On MacOSX we use the actual BKPT instructions for ARM and Thumb that have the immediate values set correctly so the ARM BKPT works for Thumb as well:
static const uint8_t g_arm_breakpoint_opcode[] = { 0x70, 0xBE, 0x20, 0xE1 };
static const uint8_t g_thumb_breakpoint_opcode[] = { 0x70, 0xBE };
But, If these opcodes are what your kernel recognizes, you will want to use what the kernel expects.
I almost forgot the main reason that you really want to be using the BKPT instructions: the Thumb IT (if/then/else) instruction...
If you have thumb code that has a IF THEN THEN:
0x1000: <opcode> ITE<condition> 0x1002: 0xXXXXYYYY # THEN conditional 0x1006: 0xZZZZ # ELSE conditional
Where 0xXXXXYYYY is a 32 bit thumb instruction at address 0x1002 and 0xZZZZ is any 16 bit thumb instruction at address 0x1006. Now set a thumb breakpoint at 0x1002. This is what you code looks like now:
0x1000: <opcode> ITE<condition> 0x1002: 0xde01 # THEN conditional 0x1004: 0xYYYY # ELSE conditional if a completely incorrect 16 bit opcode that is half of the original 32 bit thumb instruction 0x1006: 0x1616 # NOT CONDITIONAL ANYMORE!!!
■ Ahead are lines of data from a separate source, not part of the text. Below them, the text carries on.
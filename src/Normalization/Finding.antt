-- ===== src/Normalization/Finding.antt =====
-- internal/normalization/finding.go and threatintel.go: the canonical finding.
-- `F` is the type of Go's float64; an instant is a number, and 0 is the zero time.
pub mod Validate
use secure_dev.Prelude.{ℕ, ℤ, String, Bool, true, false, Option, none, some, List}
use secure_dev.Scanners.{Category}
use secure_dev.Normalization.Severity.{Severity, Confidence}
use secure_dev.Normalization.Fix.{Fix}

pub data Status : Type 0 where
  open_ acknowledged in_progress resolved reopened false_positive ignored : Status
  other : String → Status

abbrev pub status_text : Status → String
status_text open_ = "open"
status_text acknowledged = "acknowledged"
status_text in_progress = "in_progress"
status_text resolved = "resolved"
status_text reopened = "reopened"
status_text false_positive = "false_positive"
status_text ignored = "ignored"
status_text (Status.other t) = t

unfoldable pub status_valid : Status → Bool
status_valid (Status.other t) = false
status_valid _ = true

pub record Epss (F : Type 0) : Type 0 where
  pub probability : F
  pub percentile : F
  pub source : String
  pub observed_at : ℕ

-- `ThreatIntel`: a nil pointer is `none`.
pub record ThreatIntel (F : Type 0) : Type 0 where
  pub epss : Option (Epss F)

abbrev pub threat_available {ℓ} : {A : Type ℓ} → Option A → Bool
threat_available none = false
threat_available (some e) = true

pub record Finding (F : Type 0) : Type 0 where
  pub fingerprint : String
  pub project_id : String
  pub scanner : String
  pub scanner_finding_id : String
  pub scanner_severity : String
  pub category : Category
  pub severity : Severity
  pub confidence : Confidence
  pub title : String
  pub description : String
  pub remediation : String
  pub package_name : String
  pub package_version : String
  pub purl : String
  pub image : String
  pub endpoint : String
  pub cve : String
  pub cwe : String
  pub cvss : F
  pub fix : Fix
  pub threat : ThreatIntel F
  pub status : Status

pub record Occurrence : Type 0 where
  pub fingerprint : String
  pub scan_id : String
  pub file : String
  pub start_line : ℤ
  pub end_line : ℤ
  pub scanner : String
  pub seen_at : ℕ

-- What one raw result normalizes to.
pub record Result (F : Type 0) : Type 0 where
  pub findings : List (Finding F)
  pub occurrences : List Occurrence
  pub errors : List String
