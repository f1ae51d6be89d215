-- ===== src/ResetSafety/Coordinator/Turns/Rounds.antt =====
-- The whole step: its decisions, holds, rejections and repeated messages, one after the other.
use xgc2_ugv_controller.Base.{
  and_then, ◌≡◌, refl, Bool, not, ◌||◌, String, List, [], ◌∷◌, map, Option, none, some, ◌==◌, All,
  arith, if_cases, Option-cases, inl, inr, if◌then◌else◌,
}
use xgc2_ugv_controller.Floating.{Double, ◌⊖◌, ◌≺◌, ◌≼◌}
use xgc2_ugv_controller.ResetClient.Protocol.{GrantState, Reason}
use xgc2_ugv_controller.ResetSafety.Planner.{Planner, PlannerDecision, PlannerBodyReport}
use xgc2_ugv_controller.ResetSafety.Coordinator.{
  Coordinator, CoordinatorConfig, Entry, Publication, OutgoingGrant, find_entry, has_value,
}
use xgc2_ugv_controller.ResetSafety.Coordinator.Publications.{
  AllSound, IsAddressed, IsCurrent, find-Sound,
}
use xgc2_ugv_controller.ResetSafety.Coordinator.Vehicles.{member, lost, participant, outside}
use xgc2_ugv_controller.ResetSafety.Coordinator.Step.{
  Turn, send_decision, send_decisions, send_own, send_hold, send_holds, refresh, resend, keep_alive,
  keep_all_alive, take_turn, step_coordinator, grant_of, is_pending, says_hold, says_reject,
  hold_reason, hold_detail, refusal_text,
}
use xgc2_ugv_controller.ResetSafety.Coordinator.Turns.{
  Good, IsGood, throws, goes, and_then-IsGood, send_to-IsGood,
}

module _ {D : Type 0} ⦃f : Double D⦄ where
  module _ {P : Type 0} (planner : Planner D P) (cfg : CoordinatorConfig D) (now : D) where
    send_decision-IsGood :
        (d : _) (t : Turn D P) → Good t → IsGood (send_decision planner cfg now d t)
    unfolding send_decision grant_of
    send_decision-IsGood d t v = elim (Option-cases (find_entry d.id t.entries)) [
      | inl h ↦ rw (h, send_decision) (goes t v)
      | inr (e, h) ↦
          rw (h, send_decision)
            (if_cases IsGood
              (not (d.session == e.session.session)
                || not (d.request_generation == e.session.request_generation))
              (λ _. goes t v)
              (λ same. send_to-IsGood planner cfg now d.id _ e t h (ground arith) (ground arith) v))
    ]

    send_decisions-IsGood :
        (ds : List (PlannerDecision D)) (t : Turn D P)
        → Good t
        → IsGood (send_decisions planner cfg now ds t)
    unfolding send_decisions
    send_decisions-IsGood [] t v = goes t v
    send_decisions-IsGood (d ∷ ds) t v =
        and_then-IsGood (send_decision planner cfg now d t) (send_decisions planner cfg now ds)
          (send_decision-IsGood d t v) (send_decisions-IsGood ds)

    send_own-IsGood :
        (state : GrantState) (reason : Reason) (detail id : String) (e : Entry D) (t : Turn D P)
        → find_entry id t.entries ≡ some e
        → Good t
        → IsGood (send_own planner cfg now state reason detail id e t)
    unfolding send_own
    send_own-IsGood state reason detail id e t found v =
        elim (Option-cases (planner.allocate_grant_id t.planner)) [
          | inl h ↦ rw h throws
          | inr (p, h) ↦ rw h (
              send_to-IsGood planner cfg now id _ e (record t { planner = p.0 }) found refl refl
                (record { sound = v.sound; addressed = v.addressed }))
        ]

    send_hold-IsGood :
        (scene : Bool) (r : PlannerBodyReport D) (t : Turn D P)
        → Good t
        → IsGood (send_hold planner cfg now scene r t)
    unfolding send_hold
    send_hold-IsGood scene r t v = elim (Option-cases (find_entry r.id t.entries)) [
      | inl h ↦ rw (h, send_hold) throws
      | inr (e, h) ↦
          rw (h, send_hold)
            (if_cases IsGood
              (not (participant cfg now e)
                || r.has_route
                || member r.id t.sent
                || not e.session.stop_certified
                || (e.session.request_generation == 0)
                || says_hold planner cfg now (hold_reason planner cfg now scene) e.last)
              (λ _. goes t v)
              (λ _.
                send_own-IsGood GrantState.hold (hold_reason planner cfg now scene)
                  (hold_detail planner cfg now scene) r.id e t h v))
    ]

    send_holds-IsGood :
        (scene : Bool) (rs : List (PlannerBodyReport D)) (t : Turn D P)
        → Good t
        → IsGood (send_holds planner cfg now scene rs t)
    unfolding send_holds
    send_holds-IsGood scene [] t v = goes t v
    send_holds-IsGood scene (r ∷ rs) t v =
        and_then-IsGood (send_hold planner cfg now scene r t) (send_holds planner cfg now scene rs)
          (send_hold-IsGood scene r t v) (send_holds-IsGood scene rs)

    resend-IsGood :
        (id : String) (e : Entry D) (o : Option (Publication D)) (t : Turn D P)
        → find_entry id t.entries ≡ some e
        → IsCurrent e.session e.next_publication_seq o
        → Good t
        → IsGood (resend planner cfg now id e o t)
    resend-IsGood id e none t found c v = goes t v
    resend-IsGood id e (some p) t found c v =
        if_cases IsGood (cfg.refresh_period ≼ (now ⊖ p.sent))
          (λ _. send_to-IsGood planner cfg now id p.grant e t found c.0 c.1 v) (λ _. goes t v)

    refresh-IsGood :
        (wanted : Bool) (id : String) (e : Entry D) (o : Option (Publication D)) (t : Turn D P)
        → find_entry id t.entries ≡ some e
        → IsCurrent e.session e.next_publication_seq o
        → Good t
        → IsGood (refresh planner cfg now wanted id e o t)
    refresh-IsGood wanted id e none t found c v = goes t v
    refresh-IsGood wanted id e (some p) t found c v =
        if_cases IsGood
          (((now ⊖ p.sent) ≺ cfg.refresh_period) || not (wanted || is_pending e.session p.grant))
          (λ _. goes t v) (λ _. send_to-IsGood planner cfg now id p.grant e t found c.0 c.1 v)

    keep_alive-IsGood :
        (id : String) (t : Turn D P) → Good t → IsGood (keep_alive planner cfg now id t)
    unfolding keep_alive
    keep_alive-IsGood id t v = elim (Option-cases (find_entry id t.entries)) [
      | inl h ↦ rw (h, keep_alive) (goes t v)
      | inr (e, h) ↦
          let detail = refusal_text planner cfg now e.bad_reason in
          let current = (find-Sound id t.entries e v.sound h).last_current in
          rw (h, keep_alive)
            (if_cases IsGood
              (lost cfg now e || member id t.sent || (e.session.request_generation == 0))
              (λ _. goes t v)
              (λ _.
                if_cases IsGood (has_value e.bad_reason || outside cfg id)
                  (λ _.
                    if_cases IsGood (says_reject planner cfg now detail e.last)
                      (λ _. resend-IsGood id e e.last t h current v)
                      (λ _. send_own-IsGood GrantState.reject Reason.bad_session detail id e t h v))
                  (λ _. refresh-IsGood (participant cfg now e) id e e.last t h current v)))
    ]

    keep_all_alive-IsGood :
        (ids : List String) (t : Turn D P) → Good t → IsGood (keep_all_alive planner cfg now ids t)
    unfolding keep_all_alive
    keep_all_alive-IsGood [] t v = goes t v
    keep_all_alive-IsGood (id ∷ ids) t v =
        and_then-IsGood (keep_alive planner cfg now id t) (keep_all_alive planner cfg now ids)
          (keep_alive-IsGood id t v) (keep_all_alive-IsGood ids)

    answered-IsGood :
        (scene admit : Bool) (entries : List (String × Entry D))
        (answer : Option (P × List (PlannerDecision D)))
        → AllSound entries
        → IsGood (
            and_then answer (λ (u : P × List (PlannerDecision D)).
              and_then
                (send_decisions planner cfg now u.1
                  (record { planner = u.0; entries = entries; sent = []; out = [] }))
                (λ (t : Turn D P).
                  and_then
                    (if admit
                      then some t
                      else send_holds planner cfg now scene (planner.report t.planner) t)
                    (keep_all_alive planner cfg now
                      (map (λ (n : String × Entry D). n.0) entries)))))
    answered-IsGood scene admit entries none v = throws
    answered-IsGood scene admit entries (some u) v =
        and_then-IsGood (send_decisions planner cfg now u.1 _) _
          (send_decisions-IsGood u.1 _ (record { sound = v; addressed = _ }))
          (λ t good.
            and_then-IsGood _ (keep_all_alive planner cfg now _)
              (if_cases IsGood admit (λ _. goes t good)
                (λ _. send_holds-IsGood scene (planner.report t.planner) t good))
              (keep_all_alive-IsGood _))

    take_turn-IsGood :
        (scene admit : Bool) (entries : List (String × Entry D)) (p : P)
        → AllSound entries
        → IsGood (take_turn planner cfg now scene admit entries p)
    unfolding take_turn
    take_turn-IsGood scene admit entries p v = answered-IsGood scene admit entries _ v

  -- What a step gives: an exception, or sound entries and messages addressed to them.
  pub data IsSent {P : Type 0} : Option (Coordinator D P × List (OutgoingGrant D)) → Type 0 where
    failed : IsSent none
    sent :
        (c : Coordinator D P) (out : List (OutgoingGrant D))
        → AllSound c.entries
        → All (IsAddressed c.entries) out
        → IsSent (some (c, out))

  finished-IsSent :
      {P : Type 0} (c : Coordinator D P) (o : Option (Turn D P))
      → IsGood o
      → IsSent (
          and_then o
            (λ (t : Turn D P). some (record c { planner = t.planner; entries = t.entries }, t.out)))
  finished-IsSent c none g = failed
  finished-IsSent c (some t) (goes _ g) = sent _ _ g.sound g.addressed

  -- From sound entries a step that does not throw leaves sound entries, and every message that it sends
  -- carries the session and the request that its vehicle last reported, and a publication number below
  -- the vehicle's next one.
  pub step_coordinator-IsSent :
      {P : Type 0} (planner : Planner D P) (now : D) (c : Coordinator D P)
      → AllSound c.entries
      → IsSent (step_coordinator planner now c)
  unfolding step_coordinator
  step_coordinator-IsSent planner now c v =
      finished-IsSent c _ (take_turn-IsGood planner c.config now _ _ c.entries c.planner v)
So you really don't want to be using anything but the BKPT instruction. Why? Because BKPT is special and it will ALWAYS stop even in a condition IT block when the condition doesn't match. So it stops you from hosing your code up like the second example shows. This also means that LLDB will stop when it shouldn't, but fear not LLDB already has support for figuring out that is stopped at a condition that doesn't match and it will auto continue and "do the right thing".
Thanks for the detailed explanation about the trap opcodes. I just copied over these opcodes from PlatformLinux but I plan to merge the two function to avoid the code duplication. I will investigate what type of opcode we can use for beakpoints on Linux (and Android) and update the code accordingly (most likely with an other CL).